Try it: How many lines of the entries below include the word "then"? Answer with the number alone.

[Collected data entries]
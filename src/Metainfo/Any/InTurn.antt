-- ===== src/Metainfo/Any/InTurn.antt =====
-- metainfo.js, `fetchFromAny` with a concurrency of one.
use swarmproof.Base.{
  Bool-cases, List, Option, [], arith, if◌then◌else◌, inl, inr, length, none, refl, some, ℕ, ◌+◌,
  ◌∷◌, ◌≡◌, ◌≤◌,
}
use swarmproof.Metainfo.Any.{in_turn, learn}
use swarmproof.Metainfo.Fetch.{Result}
use swarmproof.PeerTable.{Call, Peer, PeerTable, failed, fails, run, step, succeeds}

-- The first success.
unfoldable pub first_ok : (Peer → Result) → List Peer → Option Result
first_ok attempt [] = none
first_ok attempt (p ∷ ps) = if (attempt p).ok then some (attempt p) else first_ok attempt ps

-- The calls on the table: the attempts in order, up to and with the first success.
unfoldable pub calls : (Peer → Result) → ℕ → List Peer → List Call
calls attempt now [] = []
calls attempt now (p ∷ ps) =
    let r = attempt p in
    let after = now + r.total_ms in
    let rest = calls attempt after ps in
    if r.ok then succeeds after p r.connect_ms ∷ [] else fails after p r.connected ∷ rest

in_turn-answer :
    (attempt : Peer → Result) (now : ℕ) (t : Option PeerTable) (ps : List Peer)
    → (in_turn attempt now t ps).0 ≡ first_ok attempt ps
unfolding in_turn first_ok
in_turn-answer attempt now t [] = refl
in_turn-answer attempt now t (p ∷ ps) = elim (Bool-cases (attempt p).ok) [
  | inl e ↦ simp e refl
  | inr e ↦ simp e (
      in_turn-answer attempt (now + (attempt p).total_ms)
        (learn (now + (attempt p).total_ms) t p (attempt p)) ps)
]

in_turn-connections :
    (attempt : Peer → Result) (now : ℕ) (t : Option PeerTable) (ps : List Peer)
    → (in_turn attempt now t ps).2 ≤ length ps
unfolding in_turn
in_turn-connections attempt now t [] = omega arith
in_turn-connections attempt now t (p ∷ ps) =
    let ih =
      in_turn-connections attempt (now + (attempt p).total_ms)
        (learn (now + (attempt p).total_ms) t p (attempt p)) ps in
    ground arith

in_turn-table :
    (attempt : Peer → Result) (now : ℕ) (t : PeerTable) (ps : List Peer)
    → (in_turn attempt now (some t) ps).1 ≡ some (run t (calls attempt now ps))
unfolding in_turn calls learn run step
in_turn-table attempt now t [] = refl
in_turn-table attempt now t (p ∷ ps) = elim (Bool-cases (attempt p).ok) [
  | inl e ↦ simp e refl
  | inr e ↦ simp e (
      in_turn-table attempt (now + (attempt p).total_ms)
        (failed (now + (attempt p).total_ms) t p (attempt p).connected) ps)
]

-- Asked in turn, the peers give the first success in their order; no more of them are connected to
-- than there are; and the table has learned of each attempt up to the first success, in order.
pub in_turn_lem :
    (attempt : Peer → Result) (now : ℕ) (t : PeerTable) (ps : List Peer)
    → ((in_turn attempt now (some t) ps).0 ≡ first_ok attempt ps)
      × ((in_turn attempt now (some t) ps).1 ≡ some (run t (calls attempt now ps)))
      × ((in_turn attempt now (some t) ps).2 ≤ length ps)
in_turn_lem attempt now t ps = (
  in_turn-answer attempt now (some t) ps,
  in_turn-table attempt now t ps,
  in_turn-connections attempt now (some t) ps,
)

Task output: 3